The tradeoff: an extra LLM call for summarization (adds latency and cost per turn).

history = InMemoryChatMessageHistory()

def summarize_messages(messages):
    """Ask the LLM to summarize a list of messages into a single sentence."""
    text = "\n".join(f"{type(m).__name__}: {m.content}" for m in messages)
    return llm.invoke(
        f"Summarize this conversation in one concise sentence:\n{text}"
    ).content

def send(user_msg):
    """Add user message, summarize if history is long, call LLM, and store response."""
    history.add_user_message(user_msg)
    if len(history.messages) > 4:
        summary = summarize_messages(history.messages[:-1])
        history.messages = [
            SystemMessage(content=f"Previous conversation summary: {summary}"),
            history.messages[-1],
        ]
    response = llm.invoke(history.messages)
    history.add_ai_message(response.content)
    print(f"User: {user_msg}")
    print(f"AI:   {response.content}")
    print("\nHistory:")
    for msg in history.messages:
        print(f"  {type(msg).__name__:>14}: {msg.content}")
send("My name is Joy.")
#  User: My name is Joy.
#  AI:   Nice to meet you, Joy! How can I assist you today?
#
#  History:
#      HumanMessage: My name is Joy.
#         AIMessage: Nice to meet you, Joy! How can I assist you today?

send("What is my name?")
#  User: What is my name?
#  AI:   Your name is Joy. How can I help you today, Joy?
#
#  History:
#      HumanMessage: My name is Joy.
#         AIMessage: Nice to meet you, Joy! How can I assist you today?
#      HumanMessage: What is my name?
#         AIMessage: Your name is Joy. How can I help you today, Joy?

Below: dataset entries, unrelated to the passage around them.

-- ===== src/Diff/Describe.antt =====
-- `get_basename` and `diff_results_to_description` of common/diff-simple.c: the description of a
-- commit, made of the entries of a diff.
use seafile_server.Base.{
  ℕ, zero, suc, Option, none, some, List, [], ◌∷◌, ◌++◌, CString, codes, ◌==◌, if◌then◌else◌,
}
use seafile_server.Diff.{
  Status, added, deleted, modified, renamed, unmerged, dir_added, dir_deleted, dir_renamed,
  DiffEntry,
}

abbrev pub base_step : ℕ → CString → Option CString → Option CString
base_step c path (some base) = some base
base_step c path none = if c == b'/' then some path else none

-- `strrchr (path, '/') + 1`
unfoldable pub after_slash : CString → Option CString
after_slash [] = none
after_slash (c ∷ path) = base_step c path (after_slash path)

abbrev pub or_path : CString → Option CString → CString
or_path path none = path
or_path path (some base) = base

unfoldable pub get_basename : CString → CString
unfolding after_slash
get_basename path = or_path path (after_slash path)

-- A counter with the name that was met first: NULL while the count is 0.
pub record Tally : Type 0 where
  pub count : ℕ
  pub first : CString

abbrev pub no_tally : Tally
no_tally = record { count = 0; first = [] }

abbrev pub count_one : Tally → CString → Tally
count_one t name = record {
  count = suc t.count;
  first = if t.count == 0 then get_basename name else t.first;
}

pub record Tallies : Type 0 where
  pub add_mod : Tally
  pub removed : Tally
  pub renamed_files : Tally
  pub new_dir : Tally
  pub removed_dir : Tally

abbrev pub no_tallies : Tallies
no_tallies = record {
  add_mod = no_tally;
  removed = no_tally;
  renamed_files = no_tally;
  new_dir = no_tally;
  removed_dir = no_tally;
}

-- The switch.
abbrev pub count_result : Tallies → Status → CString → Tallies
count_result t added name = record t { add_mod = count_one t.add_mod name }
count_result t deleted name = record t { removed = count_one t.removed name }
count_result t renamed name = record t { renamed_files = count_one t.renamed_files name }
count_result t modified name = record t { add_mod = count_one t.add_mod name }
count_result t dir_added name = record t { new_dir = count_one t.new_dir name }
count_result t dir_deleted name = record t { removed_dir = count_one t.removed_dir name }
count_result t unmerged name = t
count_result t dir_renamed name = t

-- The loop.
unfoldable pub count_results : List DiffEntry → Tallies → Tallies
unfolding get_basename
count_results [] t = t
count_results (de ∷ p) t = count_results p (count_result t de.status de.name)

-- One line: `one "name"` and the end of a line, or `many "name" and so many more things`.
abbrev pub line : (ℕ → CString) → CString → CString → CString → ℕ → CString → CString
line decimal one many things zero name = []
line decimal one many things (suc zero) name = one ++ (codes " \"" ++ (name ++ codes "\".\n"))
line decimal one many things (suc (suc more)) name =
    many
    ++ (codes " \""
        ++ (name
            ++ (codes "\" and "
                ++ (decimal (suc more) ++ (codes " more " ++ (things ++ codes ".\n"))))))

-- `decimal` is what `%d` prints.
unfoldable pub describe : (ℕ → CString) → Tallies → CString
describe decimal t =
    line decimal (codes "Added or modified") (codes "Added or modified") (codes "files")
      t.add_mod.count t.add_mod.first
    ++ (line decimal (codes "Deleted") (codes "Deleted") (codes "files") t.removed.count
          t.removed.first
        ++ (line decimal (codes "Renamed") (codes "Renamed") (codes "files") t.renamed_files.count
              t.renamed_files.first
            ++ (line decimal (codes "Added directory") (codes "Added") (codes "directories")
                  t.new_dir.count t.new_dir.first
                ++ line decimal (codes "Removed directory") (codes "Removed") (codes "directories")
                    t.removed_dir.count t.removed_dir.first)))

-- NULL is `none`.
unfoldable pub diff_results_to_description : (ℕ → CString) → List DiffEntry → Option CString
unfolding count_results describe
diff_results_to_description decimal [] = none
diff_results_to_description decimal (de ∷ p) =
    some (describe decimal (count_results (de ∷ p) no_tallies))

Still within 4 messages, so no summarization yet. Now Turn 3 triggers it:

send("What was the first thing I said to you?")
#  User: What was the first thing I said to you?
#  AI:   You introduced yourself by saying your name is Joy.
#
#  History:
#     SystemMessage: Previous conversation summary: The conversation involves Joy
#                    introducing herself to the AI, which then confirms her name
#                    and asks how it can help her.
#      HumanMessage: What was the first thing I said to you?
#         AIMessage: You introduced yourself by saying your name is Joy.

The four previous messages were compressed into a single system message summary — but the key fact (the user's name is Joy) survived. The model answered correctly, unlike the sliding window.

Takeaway: The summary preserves key facts without storing every message verbatim. Token usage stays compact even as conversations grow. The cost is an extra LLM call per turn to update the summary.


What Comes Next

The strategies in this post manage memory by manipulating the chat history sent with each request. This is just one approach. LangChain also offers more advanced memory management — including short-term memory, long-term memory, and persistent stores — that go beyond simple history manipulation. We'll explore these in Part 3.